= Religious epistemology =

Approach to epistemological questions from a religious perspective

Religious epistemology broadly covers religious approaches to epistemological questions, or attempts to understand the epistemological issues that come from religious belief. The questions asked by epistemologists apply to religious beliefs and propositions — whether they seem rational, justified, warranted, reasonable, based on evidence and so on. Religious views also influence general epistemological theories, such as in the case of Reformed epistemology.

Reformed epistemology has mainly developed in contemporary Christian religious epistemology from the late-20th century, as in the work of Alvin Plantinga (born 1932), William P. Alston (1921-2009), Nicholas Wolterstorff (born 1932) and Kelly James Clark, as a critique of and alternative to the idea of "evidentialism" of the sort proposed by W. K. Clifford (1845-1879).
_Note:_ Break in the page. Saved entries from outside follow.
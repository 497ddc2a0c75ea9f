-- ===== src/Ingress/Convergence.antt =====
-- On internal/controller/ingress_proxy_controller.go.
-- Where a reconciliation of ingress leads, if it ends with no error.
use netmaker_k8s_ops.Base.{
  ◌==◌, ◌≡◌, refl, sym, ap, subst, true, false, Option, none, some, Env, arith, ◌≢◌, ◌∙◌, inl, inr,
  Bool-cases, index, [], ◌∷◌,
}
use netmaker_k8s_ops.Kube.{Key, Service, Pod}
use netmaker_k8s_ops.Kube.Client.{
  GoError, Result, ok, err, is_not_found, Prog, Client, call, returned, run, calls, ret, ◌>>=◌,
  get_service, get_pod, create_pod, delete_pod, Reply, no_requeue,
}
use netmaker_k8s_ops.Kube.Calls.{Answers, IsFaithful}
use netmaker_k8s_ops.Kube.Runs.{wrap_error-none, run-bind_inv, run-Always}
use netmaker_k8s_ops.Kube.Cluster.{Pods, KeepsPods, key_of_pod}
use netmaker_k8s_ops.Egress.{key_of}
use netmaker_k8s_ops.Ingress.Build.{build_proxy_pod}
use netmaker_k8s_ops.Ingress.{
  pod_name, pod_key, on_existing, ensure_proxy_pod, create_proxy_pod, delete_found,
  cleanup_proxy_pod, on_service, dispatch, reconcile, is_ingress_enabled,
}
use netmaker_k8s_ops.Ingress.Keeps.{build-Keeps}

module _ (env : Env) (C : Client) (faithful : IsFaithful C) (P : Pods C) (service : Service) where
  abbrev Present : C.State → Type 0
  Present s = P.pods s (pod_key (key_of service)) ≢ none

  created-Present :
      (pod : Pod) (s : C.State)
      → key_of_pod pod ≡ pod_key (key_of service)
      → (run C (call (create_pod pod)) s).0 ≡ returned none
      → Present (run C (call (create_pod pod)) s).1
  created-Present pod s named e =
      subst (λ k. P.pods (C.serve (create_pod pod) s).1 k ≢ none) named
        (P.created pod s (ground arith))

  create-Present :
      (s : C.State)
      → (run C (create_proxy_pod env service) s).0 ≡ returned none
      → Present (run C (create_proxy_pod env service) s).1
  unfolding create_proxy_pod
  create-Present s e =
      let build = build_proxy_pod env service (pod_name service.name) in
      let (pod, built, same) = run-bind_inv C build _ s e in
      let named = run-Always C KeepsPods _ build s pod faithful (build-Keeps env service _) built in
      rw same (created-Present pod (run C build s).1 named (wrap_error-none _ _ (rw same at e)))

  existing-Present :
      (found : Result Pod) (s : C.State)
      → ((pod : Pod) → found ≡ ok pod → Present s)
      → let m = on_existing env (ensure_proxy_pod env 0) service found in
        (run C m s).0 ≡ returned none → Present (run C m s).1
  unfolding on_existing
  existing-Present (ok pod) s there e = there pod refl
  existing-Present (err m) s there e = elim (Bool-cases (is_not_found m)) [
    | inl absent ↦ rw absent (create-Present s (rw absent at e))
    | inr failed ↦ cc (failed, e)
  ]

  ensure-Present :
      (s : C.State)
      → P.terminating s (pod_key (key_of service)) ≡ false
      → (run C (ensure_proxy_pod env 1 service) s).0 ≡ returned none
      → Present (run C (ensure_proxy_pod env 1 service) s).1
  unfolding ensure_proxy_pod
  ensure-Present s unmarked e =
      let k = pod_key (key_of service) in
      existing-Present (C.serve (get_pod k) s).0 (C.serve (get_pod k) s).1
        (λ pod answer gone. cc (P.found k s pod unmarked answer, P.frame (get_pod k) s k tt, gone))
        e

  abbrev finish : Option GoError → Prog Reply
  finish failed = ret (no_requeue, failed)

  finish-Present :
      (failed : Option GoError) (s : C.State)
      → (failed ≡ none → Present s)
      → (run C (finish failed) s).0 ≡ returned (no_requeue, none)
      → Present s
  finish-Present none s there e = there refl
  finish-Present (some x) s there e = absurd cc

  forward-Present :
      (s : C.State)
      → P.terminating s (pod_key (key_of service)) ≡ false
      → (run C (ensure_proxy_pod env 1 service >>= finish) s).0 ≡ returned (no_requeue, none)
      → Present (run C (ensure_proxy_pod env 1 service >>= finish) s).1
  forward-Present s unmarked e =
      let ensure = ensure_proxy_pod env 1 service in
      let (failed, ensured, same) = run-bind_inv C ensure finish s e in
      rw same (
        finish-Present failed (run C ensure s).1
          (λ done. ensure-Present s unmarked (ensured ∙ ap (λ o. returned o) done)) (rw same at e))

module _ (env : Env) (C : Client) (faithful : IsFaithful C) (P : Pods C) (k : Key) where
  abbrev service_answer : C.State → Result Service
  service_answer s = (C.serve (get_service k) s).0

  abbrev Done : C.State → Type 0
  Done s = (run C (reconcile env k) s).0 ≡ returned (no_requeue, none)

  abbrev after : C.State → C.State
  after s = (run C (reconcile env k) s).1

  delete-Absent :
      (found : Result Pod) (s : C.State)
      → Answers (get_pod (pod_key k)) found
      → ((e : GoError) → found ≡ err e → is_not_found e ≡ true → P.pods s (pod_key k) ≡ none)
      → (run C (delete_found found) s).0 ≡ returned (no_requeue, none)
      → P.pods (run C (delete_found found) s).1 (pod_key k) ≡ none
  unfolding delete_found
  delete-Absent (ok pod) s (n, ns) there e =
      let named : key_of_pod pod ≡ pod_key k = ground arith in
      subst (λ j. P.pods (C.serve (delete_pod pod) s).1 j ≡ none) named
        (P.deleted pod s (ground arith))
  delete-Absent (err m) s _ there e = elim (Bool-cases (is_not_found m)) [
    | inl absent ↦ rw absent (there m refl absent)
    | inr failed ↦ cc (failed, e)
  ]

  cleanup-Absent :
      (s : C.State)
      → (run C (cleanup_proxy_pod k) s).0 ≡ returned (no_requeue, none)
      → P.pods (run C (cleanup_proxy_pod k) s).1 (pod_key k) ≡ none
  unfolding cleanup_proxy_pod
  cleanup-Absent s e =
      let j = pod_key k in
      delete-Absent (C.serve (get_pod j) s).0 (C.serve (get_pod j) s).1 (faithful (get_pod j) s)
        (λ m answer absent. P.frame (get_pod j) s j tt ∙ P.missing j s m answer absent) e

  dispatch-Absent :
      (found : Result Service) (s : C.State)
      → ((service : Service) → found ≡ ok service → is_ingress_enabled service ≡ false)
      → (run C (dispatch env k found) s).0 ≡ returned (no_requeue, none)
      → P.pods (run C (dispatch env k found) s).1 (pod_key k) ≡ none
  unfolding dispatch
  dispatch-Absent (ok service) s off e =
      rw (off service refl) (cleanup-Absent s (rw (off service refl) at e))
  dispatch-Absent (err m) s off e = elim (Bool-cases (is_not_found m)) [
    | inl absent ↦ rw absent (cleanup-Absent s (rw absent at e))
    | inr failed ↦ cc (failed, e)
  ]

  dispatch-Present :
      (found : Result Service) (s : C.State) {service : Service}
      → Answers (get_service k) found
      → found ≡ ok service
      → is_ingress_enabled service ≡ true
      → (index service.annotations "netmaker.io/egress" == "enabled") ≡ false
      → P.terminating s (pod_key k) ≡ false
      → (run C (dispatch env k found) s).0 ≡ returned (no_requeue, none)
      → P.pods (run C (dispatch env k found) s).1 (pod_key k) ≢ none
  unfolding dispatch
  dispatch-Present (err m) s _ answer on only unmarked e = cc
  dispatch-Present (ok x) s {service} (n, ns) answer on only unmarked e =
      let same : service ≡ x = cc in
      let on_x = subst (λ y. is_ingress_enabled y ≡ true) same on in
      let only_x =
        subst (λ y. (index y.annotations "netmaker.io/egress" == "enabled") ≡ false) same only in
      let named : key_of x ≡ k = ground arith in
      let unmarked_x = subst (λ j. P.terminating s (pod_key j) ≡ false) (sym named) unmarked in
      subst (λ j. P.pods (run C (dispatch env k (ok x)) s).1 (pod_key j) ≢ none) named
        (rw (on_x, only_x)
          (forward-Present env C faithful P x s unmarked_x (rw (on_x, only_x) at e)))

  -- On a server as `IsFaithful` and `Pods` describe it: if the service is gone, or its annotation does not enable ingress, a reconciliation that
  -- ends with no error leaves no proxy pod for it.
  pub reconcile_ingress-Absent :
      (s : C.State)
      → ((service : Service) → service_answer s ≡ ok service → is_ingress_enabled service ≡ false)
      → Done s
      → P.pods (after s) (pod_key k) ≡ none
  unfolding reconcile
  reconcile_ingress-Absent s off e =
      dispatch-Absent (service_answer s) (C.serve (get_service k) s).1 off e

  -- On a server as `IsFaithful` and `Pods` describe it: if the service is there with ingress enabled and egress not, a reconciliation that ends with no
  -- error leaves a proxy pod for it, unless one was terminating.
  pub reconcile_ingress-Present :
      (s : C.State) {service : Service}
      → service_answer s ≡ ok service
      → is_ingress_enabled service ≡ true
      → (index service.annotations "netmaker.io/egress" == "enabled") ≡ false
      → P.terminating s (pod_key k) ≡ false
      → Done s
      → P.pods (after s) (pod_key k) ≢ none
  unfolding reconcile
  reconcile_ingress-Present s answer on only unmarked e =
      dispatch-Present (service_answer s) (C.serve (get_service k) s).1 (faithful (get_service k) s)
        answer on only (P.unmarked (get_service k) s (pod_key k) tt unmarked) e

  dispatch_both :
      (service : Service)
      → is_ingress_enabled service ≡ true
      → (index service.annotations "netmaker.io/egress" == "enabled") ≡ true
      → dispatch env k (ok service) ≡ ret (no_requeue, none)
  unfolding dispatch on_service
  dispatch_both service on both = rw (on, both) refl

  -- On a server as `IsFaithful` and `Pods` describe it: if the service is there with both enabled, a reconciliation only reads it and ends with no
  -- error: no pod is created, and one that was created before stays.
  pub reconcile_ingress_both :
      (s : C.State) {service : Service}
      → service_answer s ≡ ok service
      → is_ingress_enabled service ≡ true
      → (index service.annotations "netmaker.io/egress" == "enabled") ≡ true
      → (calls C (reconcile env k) s ≡ get_service k ∷ [])
        × Done s
        × ((j : Key) → P.pods (after s) j ≡ P.pods s j)
  unfolding reconcile
  reconcile_ingress_both s {service} answer on both =
      let settled : dispatch env k (service_answer s) ≡ ret (no_requeue, none) =
        rw answer (dispatch_both service on both) in
      let t = (C.serve (get_service k) s).1 in
      (
        ap (λ m. get_service k ∷ calls C m t) settled,
        ap (λ m. (run C m t).0) settled,
        λ j. ap (λ m. P.pods (run C m t).1 j) settled ∙ P.frame (get_service k) s j tt,
      )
Alvin Plantinga, for instance, is critical of the evidentialist analysis of knowledge provided by Richard Feldman and by Earl Conee.
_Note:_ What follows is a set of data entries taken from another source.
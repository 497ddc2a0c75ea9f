-- ===== src/Controllers/Settled.antt =====
-- On internal/controller/egress_proxy_controller.go and internal/controller/ingress_proxy_controller.go.
-- Where a reconciliation by either controller leads, if it ends with no error.
use netmaker_k8s_ops.Base.{
  String, ◌==◌, ◌&&◌, ◌≡◌, ◌≢◌, refl, ap, subst, true, false, inl, inr, Bool-cases, none, some, Env,
}
use netmaker_k8s_ops.Kube.{Key, Service}
use netmaker_k8s_ops.Kube.Client.{
  GoError, Result, ok, err, is_not_found, Client, returned, run, get_service, no_requeue, ret,
}
use netmaker_k8s_ops.Kube.Calls.{IsFaithful}
use netmaker_k8s_ops.Kube.Cluster.{Pods, Services, services-run}
use netmaker_k8s_ops.Egress
use netmaker_k8s_ops.Egress.{get_egress_target}
use netmaker_k8s_ops.Egress.Convergence.{reconcile-Absent, reconcile-Present}
use netmaker_k8s_ops.Ingress
use netmaker_k8s_ops.Ingress.Convergence.{reconcile_ingress-Absent, reconcile_ingress-Present}
use netmaker_k8s_ops.Controllers.{
  Controller, egress, ingress, reconcile_by, pod_of, is_enabled, is_passed_over, want, present,
  Meets,
}

has_target :
    (target : String × String) → (target.0 == "" && target.1 == "") ≡ false → target ≢ ("", "")
has_target (ip, dns) h e = absurd (cc (h, ap (λ (t : String × String). t.0 == "" && t.1 == "") e))

module _ (env : Env) (C : Client) (faithful : IsFaithful C) (P : Pods C) (k : Key) where
  abbrev pub Done : Controller → C.State → Type 0
  Done c s = (run C (reconcile_by c env k) s).0 ≡ returned (no_requeue, none)

  abbrev pub after : Controller → C.State → C.State
  after c s = (run C (reconcile_by c env k) s).1

  abbrev pub answer : C.State → Result Service
  answer s = (C.serve (get_service k) s).0

  off-Absent :
      (c : Controller) (s : C.State)
      → ((service : Service) → answer s ≡ ok service → is_enabled c service ≡ false)
      → Done c s
      → P.pods (after c s) (pod_of c k) ≡ none
  off-Absent egress s off e = reconcile-Absent env C faithful P k s off e
  off-Absent ingress s off e = reconcile_ingress-Absent env C faithful P k s off e

  on-Present :
      (c : Controller) (s : C.State) (service : Service)
      → answer s ≡ ok service
      → is_enabled c service ≡ true
      → is_passed_over c service ≡ false
      → P.terminating s (pod_of c k) ≡ false
      → Done c s
      → P.pods (after c s) (pod_of c k) ≢ none
  on-Present egress s service there on target unmarked e =
      reconcile-Present env C faithful P k s there on (has_target _ target) unmarked e
  on-Present ingress s service there on only unmarked e =
      reconcile_ingress-Present env C faithful P k s there on only unmarked e

  egress_fails :
      (m : GoError)
      → is_not_found m ≡ false
      → Egress.dispatch env k (err m) ≡ ret (no_requeue, some m)
  unfolding Egress.dispatch
  egress_fails m real = rw real refl

  ingress_fails :
      (m : GoError)
      → is_not_found m ≡ false
      → Ingress.dispatch env k (err m) ≡ ret (no_requeue, some m)
  unfolding Ingress.dispatch
  ingress_fails m real = rw real refl

  -- Another error than that the service is not there is returned.
  failed-Done :
      (c : Controller) (s : C.State) (m : GoError)
      → answer s ≡ err m
      → is_not_found m ≡ false
      → Done c s
      → ⊥
  unfolding Egress.reconcile Ingress.reconcile
  failed-Done egress s m there real e =
      let fails : Egress.dispatch env k (answer s) ≡ ret (no_requeue, some m) =
        rw there (egress_fails m real) in
      let t = (C.serve (get_service k) s).1 in absurd (cc (e, fails))
  failed-Done ingress s m there real e =
      let fails : Ingress.dispatch env k (answer s) ≡ ret (no_requeue, some m) =
        rw there (ingress_fails m real) in
      let t = (C.serve (get_service k) s).1 in absurd (cc (e, fails))

  ok-Meets :
      (c : Controller) (s : C.State) (service : Service)
      → answer s ≡ ok service
      → (want c (some service) ≡ present → P.terminating s (pod_of c k) ≡ false)
      → Done c s
      → Meets (want c (some service)) (P.pods (after c s) (pod_of c k))
  ok-Meets c s service there unmarked e = elim (Bool-cases (is_enabled c service)) [
    | inr off ↦ rw off (
        off-Absent c s
          (λ x same.
            subst (λ y. is_enabled c y ≡ false) (let back : service ≡ x = cc (there, same) in back)
              off)
          e)
    | inl on ↦ elim (Bool-cases (is_passed_over c service)) [
      | inl over ↦ rw (on, over) tt
      | inr only ↦
          rw (on, only) (on-Present c s service there on only (unmarked (rw (on, only) refl)) e)
    ]
  ]

  module _ (V : Services C) where
    -- The pod that the controller keeps for `k` is there, or not, as the service asks.
    abbrev pub IsSettled : Controller → C.State → Type 0
    IsSettled c s = Meets (want c (V.services s k)) (P.pods s (pod_of c k))

    answer-Meets :
        (c : Controller) (s : C.State) (found : Result Service)
        → answer s ≡ found
        → (want c (V.services s k) ≡ present → P.terminating s (pod_of c k) ≡ false)
        → Done c s
        → Meets (want c (V.services s k)) (P.pods (after c s) (pod_of c k))
    answer-Meets c s (ok service) there unmarked e =
        rw (V.read k s service there)
          (ok-Meets c s service there (rw (V.read k s service there) at unmarked) e)
    answer-Meets c s (err m) there unmarked e = elim (Bool-cases (is_not_found m)) [
      | inl gone ↦ rw (V.unread k s m there gone) (off-Absent c s (λ x same. cc (there, same)) e)
      | inr real ↦ absurd (failed-Done c s m there real e)
    ]

    -- On a server as `IsFaithful`, `Pods` and `Services` describe it: a reconciliation by either
    -- controller that ends with no error leaves a proxy pod for the service `k` if the service is
    -- there, enabled and not passed over, and none of its name was terminating, and none if the service is gone or not enabled.
    pub reconcile_by-IsSettled :
        (c : Controller) (s : C.State)
        → (want c (V.services s k) ≡ present → P.terminating s (pod_of c k) ≡ false)
        → Done c s
        → IsSettled c (after c s)
    reconcile_by-IsSettled c s unmarked e =
        rw (services-run C V (reconcile_by c env k) s) (answer-Meets c s (answer s) refl unmarked e)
D. Z. Phillips (1934-2006) states that the argument of the reformed epistemologists furthers and challenges a view he dubs "foundationalism":

The essence of the Reformed challenge is to accuse the foundationalist of claiming to have a criterion of rationality which, in fact, he does not possess. By means of this alleged criterion the foundationalist claims to discern which epistemic practices are rational and which are not. Non-rational practices, he claims, include those of religion.

Much work in recent epistemology of religion goes beyond debates on foundationalism and reformed epistemology to consider contemporary issues deriving from social epistemology (especially concerning the epistemology of testimony, or the epistemology of disagreement), or formal epistemology's use of probability theory. Other notable work draws on the idea that knowing God is akin to knowing a person, which is not reducible to knowing propositions about a person (Eleonore Stump calls it "Franciscan knowledge," whereas Matthew Benton calls it "interpersonal knowledge").

Some work in recent epistemology of religion discusses various challenges from psychology, cognitive science or evolutionary biology to the rationality or justification of religious beliefs. Some argue that evolutionary explanations of religious belief undermine its rationality. Others respond to these arguments.